**ASSIGNMENT**
Only one stretch of the data below is wanted: the lines from the one with "drop_from [] e" through the one with "replace_of current content", repeated exactly.

(Stored data)
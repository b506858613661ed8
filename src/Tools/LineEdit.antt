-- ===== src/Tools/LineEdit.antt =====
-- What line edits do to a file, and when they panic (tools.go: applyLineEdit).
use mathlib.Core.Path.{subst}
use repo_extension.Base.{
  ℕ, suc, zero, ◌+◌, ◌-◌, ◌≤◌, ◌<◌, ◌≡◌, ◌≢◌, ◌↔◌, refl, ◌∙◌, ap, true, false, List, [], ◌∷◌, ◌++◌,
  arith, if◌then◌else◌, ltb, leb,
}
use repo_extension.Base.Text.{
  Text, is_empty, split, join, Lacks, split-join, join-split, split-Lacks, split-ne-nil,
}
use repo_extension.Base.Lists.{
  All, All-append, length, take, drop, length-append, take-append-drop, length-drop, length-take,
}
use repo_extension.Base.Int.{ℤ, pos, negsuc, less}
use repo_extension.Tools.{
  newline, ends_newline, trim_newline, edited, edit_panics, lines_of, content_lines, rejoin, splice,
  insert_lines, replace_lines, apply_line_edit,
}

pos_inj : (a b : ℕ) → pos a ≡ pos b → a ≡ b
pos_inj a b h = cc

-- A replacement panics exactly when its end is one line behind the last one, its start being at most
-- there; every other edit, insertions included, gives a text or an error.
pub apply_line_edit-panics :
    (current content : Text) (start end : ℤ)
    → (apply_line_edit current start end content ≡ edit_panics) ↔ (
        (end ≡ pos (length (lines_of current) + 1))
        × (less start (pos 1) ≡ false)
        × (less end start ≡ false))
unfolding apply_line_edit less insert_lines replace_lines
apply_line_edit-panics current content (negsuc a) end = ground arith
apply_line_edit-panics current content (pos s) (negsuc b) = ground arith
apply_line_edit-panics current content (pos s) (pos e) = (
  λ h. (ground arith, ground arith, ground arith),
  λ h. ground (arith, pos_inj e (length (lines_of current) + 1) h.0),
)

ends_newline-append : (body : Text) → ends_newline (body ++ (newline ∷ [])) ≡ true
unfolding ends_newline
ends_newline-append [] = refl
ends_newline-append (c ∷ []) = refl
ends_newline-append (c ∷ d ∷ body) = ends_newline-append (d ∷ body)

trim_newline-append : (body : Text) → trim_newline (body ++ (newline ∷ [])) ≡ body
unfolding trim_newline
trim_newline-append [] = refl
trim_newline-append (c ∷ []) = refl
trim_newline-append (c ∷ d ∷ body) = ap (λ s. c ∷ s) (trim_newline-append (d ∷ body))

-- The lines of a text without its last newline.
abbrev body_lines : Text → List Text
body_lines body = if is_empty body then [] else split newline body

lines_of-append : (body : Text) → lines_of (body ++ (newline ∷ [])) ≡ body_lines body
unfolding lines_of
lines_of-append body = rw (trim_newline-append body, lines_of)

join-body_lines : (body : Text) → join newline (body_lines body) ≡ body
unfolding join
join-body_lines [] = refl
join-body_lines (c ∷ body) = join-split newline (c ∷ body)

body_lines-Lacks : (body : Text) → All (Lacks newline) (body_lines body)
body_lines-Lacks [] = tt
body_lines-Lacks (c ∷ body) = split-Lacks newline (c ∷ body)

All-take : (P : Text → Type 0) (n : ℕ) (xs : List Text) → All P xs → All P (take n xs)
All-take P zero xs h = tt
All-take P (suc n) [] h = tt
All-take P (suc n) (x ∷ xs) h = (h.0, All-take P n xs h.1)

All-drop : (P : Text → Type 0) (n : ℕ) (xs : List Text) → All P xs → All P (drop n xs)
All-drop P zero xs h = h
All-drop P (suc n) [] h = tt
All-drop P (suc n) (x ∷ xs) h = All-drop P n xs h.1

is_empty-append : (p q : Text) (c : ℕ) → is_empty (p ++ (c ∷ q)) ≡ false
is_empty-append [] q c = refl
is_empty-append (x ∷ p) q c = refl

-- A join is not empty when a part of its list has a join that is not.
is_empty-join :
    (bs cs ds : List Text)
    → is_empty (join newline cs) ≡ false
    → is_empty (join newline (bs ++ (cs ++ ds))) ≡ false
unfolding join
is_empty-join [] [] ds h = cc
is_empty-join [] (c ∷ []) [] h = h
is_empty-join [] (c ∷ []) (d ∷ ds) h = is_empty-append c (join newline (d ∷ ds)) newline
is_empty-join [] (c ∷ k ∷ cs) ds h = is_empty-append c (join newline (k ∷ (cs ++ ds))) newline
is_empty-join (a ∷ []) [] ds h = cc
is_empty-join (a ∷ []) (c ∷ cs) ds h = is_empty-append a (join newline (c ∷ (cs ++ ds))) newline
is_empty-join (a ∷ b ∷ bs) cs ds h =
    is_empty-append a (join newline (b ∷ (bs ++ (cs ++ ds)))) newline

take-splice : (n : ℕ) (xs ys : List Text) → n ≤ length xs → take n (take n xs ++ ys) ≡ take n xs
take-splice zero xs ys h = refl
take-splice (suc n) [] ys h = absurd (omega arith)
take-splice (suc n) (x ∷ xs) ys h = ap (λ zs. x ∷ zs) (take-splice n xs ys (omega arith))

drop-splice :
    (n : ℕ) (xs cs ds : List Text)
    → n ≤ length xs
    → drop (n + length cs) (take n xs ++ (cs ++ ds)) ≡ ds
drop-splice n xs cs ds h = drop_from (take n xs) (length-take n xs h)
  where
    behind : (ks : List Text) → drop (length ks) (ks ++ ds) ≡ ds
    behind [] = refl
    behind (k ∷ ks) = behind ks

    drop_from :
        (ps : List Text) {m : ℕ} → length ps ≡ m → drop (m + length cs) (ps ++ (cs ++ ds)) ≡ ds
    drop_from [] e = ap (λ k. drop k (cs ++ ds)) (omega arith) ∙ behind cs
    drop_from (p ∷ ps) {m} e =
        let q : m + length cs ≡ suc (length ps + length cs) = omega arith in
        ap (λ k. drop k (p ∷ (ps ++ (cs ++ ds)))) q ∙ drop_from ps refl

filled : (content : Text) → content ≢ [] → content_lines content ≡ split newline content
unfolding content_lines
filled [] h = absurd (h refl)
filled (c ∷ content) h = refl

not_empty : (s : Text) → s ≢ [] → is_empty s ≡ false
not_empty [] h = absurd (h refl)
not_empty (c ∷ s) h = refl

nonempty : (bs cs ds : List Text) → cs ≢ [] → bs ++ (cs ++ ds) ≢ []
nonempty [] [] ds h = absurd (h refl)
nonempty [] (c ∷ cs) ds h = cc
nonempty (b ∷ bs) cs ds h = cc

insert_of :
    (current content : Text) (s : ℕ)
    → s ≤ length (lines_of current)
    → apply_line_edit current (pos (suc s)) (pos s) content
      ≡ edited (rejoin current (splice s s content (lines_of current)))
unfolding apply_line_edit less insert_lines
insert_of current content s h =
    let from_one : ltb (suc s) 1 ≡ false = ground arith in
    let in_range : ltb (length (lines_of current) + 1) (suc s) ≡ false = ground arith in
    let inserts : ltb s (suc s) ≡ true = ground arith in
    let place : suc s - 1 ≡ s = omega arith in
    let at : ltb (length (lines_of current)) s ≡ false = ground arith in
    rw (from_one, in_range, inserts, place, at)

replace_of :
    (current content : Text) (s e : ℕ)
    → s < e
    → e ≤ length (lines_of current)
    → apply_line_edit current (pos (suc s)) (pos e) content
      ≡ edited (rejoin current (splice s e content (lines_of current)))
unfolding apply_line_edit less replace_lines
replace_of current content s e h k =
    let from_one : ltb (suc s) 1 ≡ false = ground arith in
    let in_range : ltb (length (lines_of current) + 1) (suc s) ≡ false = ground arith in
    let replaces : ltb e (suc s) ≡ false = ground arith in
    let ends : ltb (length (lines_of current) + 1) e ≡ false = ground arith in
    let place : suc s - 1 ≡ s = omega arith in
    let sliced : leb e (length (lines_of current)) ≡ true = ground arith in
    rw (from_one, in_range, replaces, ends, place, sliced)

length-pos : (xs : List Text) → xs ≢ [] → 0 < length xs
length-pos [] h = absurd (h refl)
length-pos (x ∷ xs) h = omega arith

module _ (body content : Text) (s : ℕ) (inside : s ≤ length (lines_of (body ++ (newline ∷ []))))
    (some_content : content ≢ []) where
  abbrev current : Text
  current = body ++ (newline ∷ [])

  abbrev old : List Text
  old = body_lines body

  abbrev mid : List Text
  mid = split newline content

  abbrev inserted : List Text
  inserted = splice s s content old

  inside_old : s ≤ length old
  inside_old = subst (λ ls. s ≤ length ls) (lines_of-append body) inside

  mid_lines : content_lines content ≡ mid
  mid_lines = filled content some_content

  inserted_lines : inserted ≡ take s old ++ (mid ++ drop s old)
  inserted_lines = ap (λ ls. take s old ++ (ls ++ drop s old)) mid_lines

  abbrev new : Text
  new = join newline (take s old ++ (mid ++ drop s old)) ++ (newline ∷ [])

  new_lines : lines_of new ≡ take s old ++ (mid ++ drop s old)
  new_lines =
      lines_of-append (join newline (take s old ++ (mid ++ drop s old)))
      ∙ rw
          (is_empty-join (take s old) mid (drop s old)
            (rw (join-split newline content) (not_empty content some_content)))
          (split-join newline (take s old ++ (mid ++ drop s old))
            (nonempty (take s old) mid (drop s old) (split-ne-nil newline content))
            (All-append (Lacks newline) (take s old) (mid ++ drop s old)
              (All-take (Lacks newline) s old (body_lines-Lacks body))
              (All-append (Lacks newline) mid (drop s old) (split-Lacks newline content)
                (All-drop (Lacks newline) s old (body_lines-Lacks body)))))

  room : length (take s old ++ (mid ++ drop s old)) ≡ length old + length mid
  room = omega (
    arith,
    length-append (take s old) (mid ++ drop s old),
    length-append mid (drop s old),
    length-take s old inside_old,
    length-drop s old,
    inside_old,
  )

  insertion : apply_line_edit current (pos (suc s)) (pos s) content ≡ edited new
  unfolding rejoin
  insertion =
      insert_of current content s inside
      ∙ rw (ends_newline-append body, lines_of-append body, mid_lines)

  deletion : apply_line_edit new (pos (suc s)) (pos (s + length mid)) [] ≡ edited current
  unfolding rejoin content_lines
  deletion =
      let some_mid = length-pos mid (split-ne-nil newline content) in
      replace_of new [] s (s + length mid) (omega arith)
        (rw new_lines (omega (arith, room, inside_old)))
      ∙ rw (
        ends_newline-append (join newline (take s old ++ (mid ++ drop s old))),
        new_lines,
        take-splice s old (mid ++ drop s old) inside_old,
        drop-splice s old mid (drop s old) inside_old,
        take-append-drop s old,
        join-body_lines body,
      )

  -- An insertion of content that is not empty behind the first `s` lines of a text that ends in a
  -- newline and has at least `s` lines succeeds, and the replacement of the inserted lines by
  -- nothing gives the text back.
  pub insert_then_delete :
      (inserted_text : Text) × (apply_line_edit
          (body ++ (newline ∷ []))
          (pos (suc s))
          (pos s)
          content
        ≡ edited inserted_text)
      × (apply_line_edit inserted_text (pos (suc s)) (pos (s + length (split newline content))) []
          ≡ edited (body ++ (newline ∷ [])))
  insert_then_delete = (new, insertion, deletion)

**SOLUTION TO THIS EXERCISE**
    drop_from [] e = ap (λ k. drop k (cs ++ ds)) (omega arith) ∙ behind cs
    drop_from (p ∷ ps) {m} e =
        let q : m + length cs ≡ suc (length ps + length cs) = omega arith in
        ap (λ k. drop k (p ∷ (ps ++ (cs ++ ds)))) q ∙ drop_from ps refl

filled : (content : Text) → content ≢ [] → content_lines content ≡ split newline content
unfolding content_lines
filled [] h = absurd (h refl)
filled (c ∷ content) h = refl

not_empty : (s : Text) → s ≢ [] → is_empty s ≡ false
not_empty [] h = absurd (h refl)
not_empty (c ∷ s) h = refl

nonempty : (bs cs ds : List Text) → cs ≢ [] → bs ++ (cs ++ ds) ≢ []
nonempty [] [] ds h = absurd (h refl)
nonempty [] (c ∷ cs) ds h = cc
nonempty (b ∷ bs) cs ds h = cc

insert_of :
    (current content : Text) (s : ℕ)
    → s ≤ length (lines_of current)
    → apply_line_edit current (pos (suc s)) (pos s) content
      ≡ edited (rejoin current (splice s s content (lines_of current)))
unfolding apply_line_edit less insert_lines
insert_of current content s h =
    let from_one : ltb (suc s) 1 ≡ false = ground arith in
    let in_range : ltb (length (lines_of current) + 1) (suc s) ≡ false = ground arith in
    let inserts : ltb s (suc s) ≡ true = ground arith in
    let place : suc s - 1 ≡ s = omega arith in
    let at : ltb (length (lines_of current)) s ≡ false = ground arith in
    rw (from_one, in_range, inserts, place, at)

replace_of :
    (current content : Text) (s e : ℕ)
    → s < e
    → e ≤ length (lines_of current)
    → apply_line_edit current (pos (suc s)) (pos e) content
      ≡ edited (rejoin current (splice s e content (lines_of current)))
unfolding apply_line_edit less replace_lines
replace_of current content s e h k =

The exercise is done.